PROMPT
Go through the data below line by line and report how many lines contain "MapVisitor", giving only that figure.

Saved data entries:

# # # # # # #

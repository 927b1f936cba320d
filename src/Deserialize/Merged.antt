-- ===== src/Deserialize/Merged.antt =====
-- Configurations that are merged from several files.
use pandora_web_server.Base.{
  Bool, ◌≡◌, refl, inl, inr, Option, Bytes, List, [], ◌∷◌, ◌++◌, All, sort,
}
use pandora_web_server.Modules.{Result, ok, err, Result-cases}
use pandora_web_server.Deserialize.{
  Value, object, Values, nil, cons, Fields, end, field, push_elements, MapVisitor, visit_map,
  deserialize_seed, merge_files, all_files, load_from_files,
}

-- The rest of a computation that has not failed.
abbrev and_then : {E A B : Type 0} → Result E A → (A → Result E B) → Result E B
and_then (err e) f = err e
and_then (ok a) f = f a

unfoldable pub append : Fields → Fields → Fields
append end more = more
append (field name value fields) more = field name value (append fields more)

unfoldable pub append_values : Values → Values → Values
append_values nil more = more
append_values (cons value values) more = cons value (append_values values more)

-- The fields of all files, one behind the other.
unfoldable pub all_fields : {F : Type 0} → (F → Fields) → List F → Fields
unfolding append
all_fields fields_of [] = end
all_fields fields_of (file ∷ files) = append (fields_of file) (all_fields fields_of files)

module _ {E T : Type 0} (wrong_type : E) (deserialize : Value → Result E T) where
  push_elements-append :
      (list : List T) (a b : Values)
      → push_elements wrong_type deserialize list (append_values a b)
        ≡ and_then
            (push_elements wrong_type deserialize list a)
            (λ l. push_elements wrong_type deserialize l b)
  unfolding push_elements append_values
  push_elements-append list nil b = refl
  push_elements-append list (cons value a) b = elim (Result-cases (deserialize value)) [
    | inl (e, f) ↦ rw (f, push_elements) refl
    | inr (entry, f) ↦ rw (f, push_elements) (push_elements-append (list ++ entry ∷ []) a b)
  ]

module _ {S E : Type 0} (wrong_type : E) (visitor : MapVisitor S E) where
  visit_map-append :
      (struct : S) (a b : Fields)
      → visit_map wrong_type visitor struct (append a b)
        ≡ and_then (visit_map wrong_type visitor struct a) (λ s. visit_map wrong_type visitor s b)
  unfolding visit_map append
  visit_map-append struct end b = refl
  visit_map-append struct (field name value a) b =
      elim (Result-cases (visitor.visit_field struct name value)) [
        | inl (e, f) ↦ rw (f, visit_map) refl
        | inr (changed, f) ↦ rw (f, visit_map) (visit_map-append changed a b)
      ]

  merge_files-all_fields :
      {F : Type 0} (read : F → Result E Value) (fields_of : F → Fields) (conf : S) (files : List F)
      → All (λ file. read file ≡ ok (object (fields_of file))) files
      → merge_files wrong_type visitor read conf files
        ≡ deserialize_seed wrong_type visitor conf (object (all_fields fields_of files))
  unfolding merge_files deserialize_seed visit_map all_fields
  merge_files-all_fields read fields_of conf [] reads = refl
  merge_files-all_fields read fields_of conf (file ∷ files) (here, reads) =
      rw (here, merge_files, visit_map-append conf (fields_of file) (all_fields fields_of files))
        (elim (Result-cases (visit_map wrong_type visitor conf (fields_of file))) [
          | inl (e, f) ↦ rw f refl
          | inr (merged, f) ↦ rw f (merge_files-all_fields read fields_of merged files reads)
        ])

  -- If every one of the files can be read and has a map, then the configuration that is loaded
  -- from them is that of a single file which has the fields of all of them, in the order of the
  -- files' paths: an error of a field included.
  pub load_from_files-all_fields :
      (default : S) (path_le : Bytes → Bytes → Bool) (glob : Bytes → Option (List (Option Bytes)))
      (read : Bytes → Result E Value) (fields_of : Bytes → Fields) (patterns : List Bytes)
      → All
          (λ file. read file ≡ ok (object (fields_of file)))
          (sort path_le (all_files glob patterns))
      → load_from_files wrong_type visitor default path_le glob read patterns
        ≡ deserialize_seed wrong_type visitor default
            (object (all_fields fields_of (sort path_le (all_files glob patterns))))
  unfolding load_from_files
  load_from_files-all_fields default path_le glob read fields_of patterns reads =
      merge_files-all_fields read fields_of default (sort path_le (all_files glob patterns)) reads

# # # # # # #

YOUR RESPONSE
2